The space of Hilbert-Schmidt operators $ HS(H_1^*,H_2) $ you mentioned above is isometrically isomorphic to $ H_1 \otimes H_2 $. You may identify all tensor products $ \phi_1 \otimes \phi_2 $ with the map $ x^* \mapsto x^*(\phi_1) \phi_2 $. This map is in $ HS(H_1^*,H_2) $. Taking linear combinations and limits, this identification extends to an identification of $ H_1 \otimes H_2 $ and $ HS(H_1^*,H_2) $, which can be proven to be isometric and isomorphic.

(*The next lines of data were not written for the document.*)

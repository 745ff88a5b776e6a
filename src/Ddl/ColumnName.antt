-- ===== src/Ddl/ColumnName.antt =====
-- Column names of CREATE TABLE and how they are compared: `normalizeCreateTableColumnName`,
-- `createTablePrimaryKeyColumnSet`, `extractCreateTableColumnNames` and `normalizeSpace`.
pub mod Laws
use postgresparser.Prelude.{
  Bool, true, false, ◌&&◌, leb, Option, none, some, List, [], ◌∷◌, ◌++◌, Text, is_empty, length,
  if◌then◌else◌,
}
use postgresparser.Strings.{
  Unicode, is_space, to_lower, trim_space, has_prefix, ends_in, drop_end, undouble_char, join,
}
use postgresparser.Names.{trim_quotes}
use postgresparser.Ir.{DdlPrimaryKey}
use postgresparser.Tree.{Node, TokenStream, context_text}
use postgresparser.Ddl.Contexts.{ColumnElem, ColumnList}

-- `s[1:len(s)-1]`
inner : Text → Text
unfolding drop_end
inner [] = []
inner (c ∷ s) = drop_end s

module _ ⦃u : Unicode⦄ where
  normalize_trimmed : Text → Text
  normalize_trimmed trimmed =
      if is_empty trimmed
      then []
      else if leb 2 (length trimmed) && has_prefix (b'"' ∷ []) trimmed && ends_in b'"' trimmed
      then undouble_char b'"' (inner trimmed)
      else to_lower (trim_quotes trimmed)

  unfoldable pub normalize_column_name : Text → Text
  unfolding normalize_trimmed inner trim_quotes to_lower has_prefix ends_in undouble_char trim_space
  normalize_column_name name = normalize_trimmed (trim_space name)

  column_set : List Text → List Text
  unfolding normalize_column_name
  column_set [] = []
  column_set (col ∷ cols) =
      let rest = column_set cols in
      let normalized = normalize_column_name col in
      if is_empty normalized then rest else normalized ∷ rest

  -- `createTablePrimaryKeyColumnSet`
  unfoldable pub primary_key_column_set : Option DdlPrimaryKey → List Text
  unfolding column_set
  primary_key_column_set none = []
  primary_key_column_set (some pk) = column_set pk.columns

-- The text of a node, or what `GetText` says where that is empty.
unfoldable pub text_or_get_text : TokenStream → Node → Text
unfolding context_text
text_or_get_text tokens ctx =
    let text = context_text tokens (some ctx) in if is_empty text then trim_space ctx.text else text

-- The name of one element is added, unless it has none.
add_named : TokenStream → Option Node → List Text → List Text
unfolding text_or_get_text
add_named tokens none rest = rest
add_named tokens (some colid) rest =
    let name = text_or_get_text tokens colid in if is_empty name then rest else name ∷ rest

named_columns : TokenStream → ColumnList → List Text
unfolding add_named
named_columns tokens [] = []
named_columns tokens (none ∷ elems) = named_columns tokens elems
named_columns tokens (some elem ∷ elems) = add_named tokens elem.colid (named_columns tokens elems)

-- `extractCreateTableColumnNames`
unfoldable pub extract_column_names : TokenStream → Option ColumnList → List Text
unfolding named_columns
extract_column_names tokens none = []
extract_column_names tokens (some elems) = named_columns tokens elems

-- `extractCreateTableColumnNamesFromList`
unfoldable pub extract_column_names_from_list : TokenStream → Option (Option ColumnList) → List Text
unfolding extract_column_names
extract_column_names_from_list tokens none = []
extract_column_names_from_list tokens (some columnlist) = extract_column_names tokens columnlist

answer 2: For Hilbert spaces of functions, such as $ L^2(\mathbb{R}) $, you would build a tensor product as $$ L^2(\mathbb{R}) \otimes L^2(\mathbb{R}) = L^2(\mathbb{R}^2), \qquad (\phi_1 \otimes \phi_2)(x_1,x_2) = \phi_1(x_1) \phi_2(x_2).$$ Note that the 2 arguments $ x_1, x_2 $ are different. So rather than multiplying the functions $ \phi_1, \phi_2 $ in an $x$-$y$-diagram, you go to a 3-dimensional $x_1$-$x_2$-$y$-diagram and multiply the functions $$ f_1(x_1,x_2) = \phi_1(x_1) \; 1(x_2) \qquad \text{and} \qquad f_2(x_1,x_2) = 1(x_1) \; \phi_2(x_2) $$ (meaning $ (\phi_1 \otimes \phi_2)(x_1,x_2) = f_1(x_1,x_2) f_2(x_1,x_2) $).
More generally, $ L^2(\mathbb{R}^n) \otimes L^2(\mathbb{R}^m) = L^2(\mathbb{R}^{n+m}) $ for any $ n,m \in \mathbb{N} $, so the tensor product basically "adds the parameter dimensions of your functions". You may also use other Hilbert spaces, such as $ L^2(\Omega) $ with $ \Omega \subset \mathbb{R}^n $ being a nice set or even the Sobolev spaces $ H^s(\Omega), s \ge 0 $
answer 3: Each Hilbert-Schmidt operator $ K \in HS(L^2(\mathbb{R})^*, L^2(\mathbb{R})) $ can be identified with a kernel $ k(x_1,x_2) $ with $ k \in L^2(\mathbb{R}) \otimes L^2(\mathbb{R}) = L^2(\mathbb{R}^2) $.
That means, for $ \phi^*_1 \in L^2(\mathbb{R})^* $, the function $ K \phi^*_1 \in L^2(\mathbb{R}) $ is given by $$ (K \phi^*_1)(x_2) = \int_\mathbb{R} k(x_1,x_2) \phi^*_1(x_1) \; dx_1$$
The identification of kernels $ k \in L^2(\mathbb{R}) \otimes L^2(\mathbb{R}) = L^2(\mathbb{R}^2) $ and Hilbert-Schmidt operators is one-to-one. So you may also construct $ L^2(\mathbb{R}) \otimes L^2(\mathbb{R}) $ using Hilbert-Schmidt operators on such function spaces.